* Data extracts *
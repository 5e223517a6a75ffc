-- ===== src/Workers/Turns.antt =====
-- The start and the exit of a process of a pool in python/pydeno/_sandbox_pool.py: the slots stay kept.
use pydeno.Prelude.{
  ℕ, suc, ◌≡◌, refl, sym, ap, ◌∙◌, subst, Bool, true, false, Option, none, some, ◌==◌, ==_iff,
  arith, Bool-cases, inl, inr,
}
use pydeno.Workers.{Held, reserved, process, handover, Workers, find}
use pydeno.Workers.Start.{put, CanStart}
use pydeno.Workers.Slots.{has, All-find, has-find}
use pydeno.Workers.Kept.{HoldsWell, AreKept}

put_same {ℓ} : {A : Type ℓ} (k : ℕ) (v : A) (f : ℕ → A) → put k v f k ≡ v
put_same k v f = rw ((==_iff k k).1 refl) refl

put_other {ℓ} :
    {A : Type ℓ} (k : ℕ) (v : A) (f : ℕ → A) (x : ℕ) → (x == k) ≡ false → put k v f x ≡ f x
put_other k v f x e = rw e refl

of_some : (a b : ℕ) → some a ≡ some b → a ≡ b
of_some a b h = ap (λ o. elim o [ none ↦ a | some x ↦ x ]) h

-- A slot when a process starts under another token, or under its own.
started_slot :
    (alive : ℕ → Bool) (next_proc token : ℕ) (running : ℕ → Option ℕ) (t : ℕ) (held : Held)
    (mine : Bool)
    → (t == token) ≡ mine
    → (mine ≡ true → CanStart alive (some held))
    → HoldsWell alive next_proc (running t) held
    → HoldsWell
        (put next_proc true alive)
        (suc next_proc)
        (put token (some next_proc) running t)
        held
started_slot alive next_proc token running t reserved mine e c h = tt
started_slot alive next_proc token running t (process q) true e c h = absurd (c refl)
started_slot alive next_proc token running t (process q) false e c h = ground arith
started_slot alive next_proc token running t (handover q) true e c h =
    (omega arith, λ a. ground (arith, c refl))
started_slot alive next_proc token running t (handover q) false e c h =
    (omega arith, λ a. let l : alive q ≡ true = ground arith in ground (arith, h.1 l))

exited_slot :
    (alive : ℕ → Bool) (next_proc token p : ℕ) (running : ℕ → Option ℕ) (t : ℕ) (held : Held)
    (mine : Bool)
    → (t == token) ≡ mine
    → running token ≡ some p
    → alive p ≡ true
    → (running t ≡ some p → t ≡ token)
    → HoldsWell alive next_proc (running t) held
    → HoldsWell (put p false alive) next_proc (put token none running t) held
exited_slot alive next_proc token p running t reserved mine e r a u h = tt
exited_slot alive next_proc token p running t (process q) true e r a u h =
    ground (arith, ap running ((==_iff t token).0 e))
exited_slot alive next_proc token p running t (process q) false e r a u h =
    elim (Bool-cases (q == p)) [
      | inl same ↦ ground (arith, (==_iff t token).1)
      | inr other ↦ ground arith
    ]
exited_slot alive next_proc token p running t (handover q) true e r a u h = (
  h.0,
  λ l.
      let l' : alive q ≡ true = ground arith in
      ground (arith, h.1 l', ap running ((==_iff t token).0 e)),
)
exited_slot alive next_proc token p running t (handover q) false e r a u h =
    (h.0, λ l. let l' : alive q ≡ true = ground arith in ground (arith, h.1 l'))

-- What `find` finds under a token that may start.
CanStart-has :
    (alive : ℕ → Bool) (token : ℕ) (ws : Workers) (o : Option Held)
    → find token ws ≡ o
    → CanStart alive o
    → has token ws ≡ true
CanStart-has alive token ws none e c = absurd c
CanStart-has alive token ws (some held) e c = has-find token held ws e

module _ (alive : ℕ → Bool) (running : ℕ → Option ℕ) (next_proc next_token : ℕ) (ws : Workers)
    (k : AreKept alive running next_proc next_token ws) where
  -- A process that starts under a token whose own process has exited, or was never started.
  pub starts-AreKept :
      (token : ℕ)
      → CanStart alive (find token ws)
      → running token ≡ none
      → AreKept
          (put next_proc true alive)
          (put token (some next_proc) running)
          (suc next_proc)
          next_token
          ws
  starts-AreKept token c n = record {
    slots =
        All-find _ _ ws k.distinct
          (λ t held e h. (
            h.0,
            started_slot alive next_proc token running t held (t == token) refl
                (λ m.
                  subst (CanStart alive) (ap (λ x. find x ws) (sym ((==_iff t token).0 m)) ∙ e) c)
                h.1,
          ))
          k.slots;
    distinct = k.distinct;
    covered = λ t p e. elim (Bool-cases (t == token)) [
      | inl mine ↦
          let p_is : next_proc ≡ p = of_some next_proc p (rw mine at e) in
          let t_is : t ≡ token = (==_iff t token).0 mine in
          (
            rw t_is (CanStart-has alive token ws (find token ws) refl c),
            rw (← p_is) (put_same next_proc true alive),
            omega arith,
          )
      | inr other ↦
          let old : running t ≡ some p = rw other at e in
          let kept = k.covered t p old in (kept.0, ground (arith, kept), ground (arith, kept))
    ];
    apart = λ t u p e f. ground (arith, k.covered t p, k.covered u p, k.apart t u p);
    housed = λ p a. elim (Bool-cases (p == next_proc)) [
      | inl new ↦ (token, rw ((==_iff p next_proc).0 new) (put_same token (some next_proc) running))
      | inr old ↦
          let (t, runs) = k.housed p (rw old at a) in
          (
            t,
            elim (Bool-cases (t == token)) [
              | inl mine ↦ cc (sym runs ∙ ap running ((==_iff t token).0 mine) ∙ n)
              | inr other ↦ rw other runs
            ],
          )
    ];
  }

  pub exits-AreKept :
      (token p : ℕ)
      → running token ≡ some p
      → AreKept (put p false alive) (put token none running) next_proc next_token ws
  exits-AreKept token p r = record {
    slots =
        All-find _ _ ws k.distinct
          (λ t held e h. (
            h.0,
            exited_slot alive next_proc token p running t held (t == token) refl r
                (k.covered token p r).1 (λ m. k.apart t token p m r) h.1,
          ))
          k.slots;
    distinct = k.distinct;
    covered = λ t q e. elim (Bool-cases (t == token)) [
      | inl mine ↦ cc (rw mine at e)
      | inr other ↦
          let old : running t ≡ some q = rw other at e in
          let kept = k.covered t q old in
          (kept.0, ground (arith, kept.1, k.apart t token p, (==_iff t token).1), kept.2)
    ];
    apart = λ t u q e f. ground (arith, k.apart t u q);
    housed = λ q a. elim (Bool-cases (q == p)) [
      | inl gone ↦ cc (rw gone at a)
      | inr stays ↦
          let (t, runs) = k.housed q (rw stays at a) in
          (
            t,
            elim (Bool-cases (t == token)) [
              | inl mine ↦
                  let q_is : p ≡ q =
                    of_some p q (sym r ∙ ap running (sym ((==_iff t token).0 mine)) ∙ runs) in
                  absurd (ground (arith, q_is, stays))
              | inr other ↦ rw other runs
            ],
          )
    ];
  }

* Directions *
Some of the data mentions "subst". Copy every line where it does.

* Solution to the exercise *
  ℕ, suc, ◌≡◌, refl, sym, ap, ◌∙◌, subst, Bool, true, false, Option, none, some, ◌==◌, ==_iff,
                  subst (CanStart alive) (ap (λ x. find x ws) (sym ((==_iff t token).0 m)) ∙ e) c)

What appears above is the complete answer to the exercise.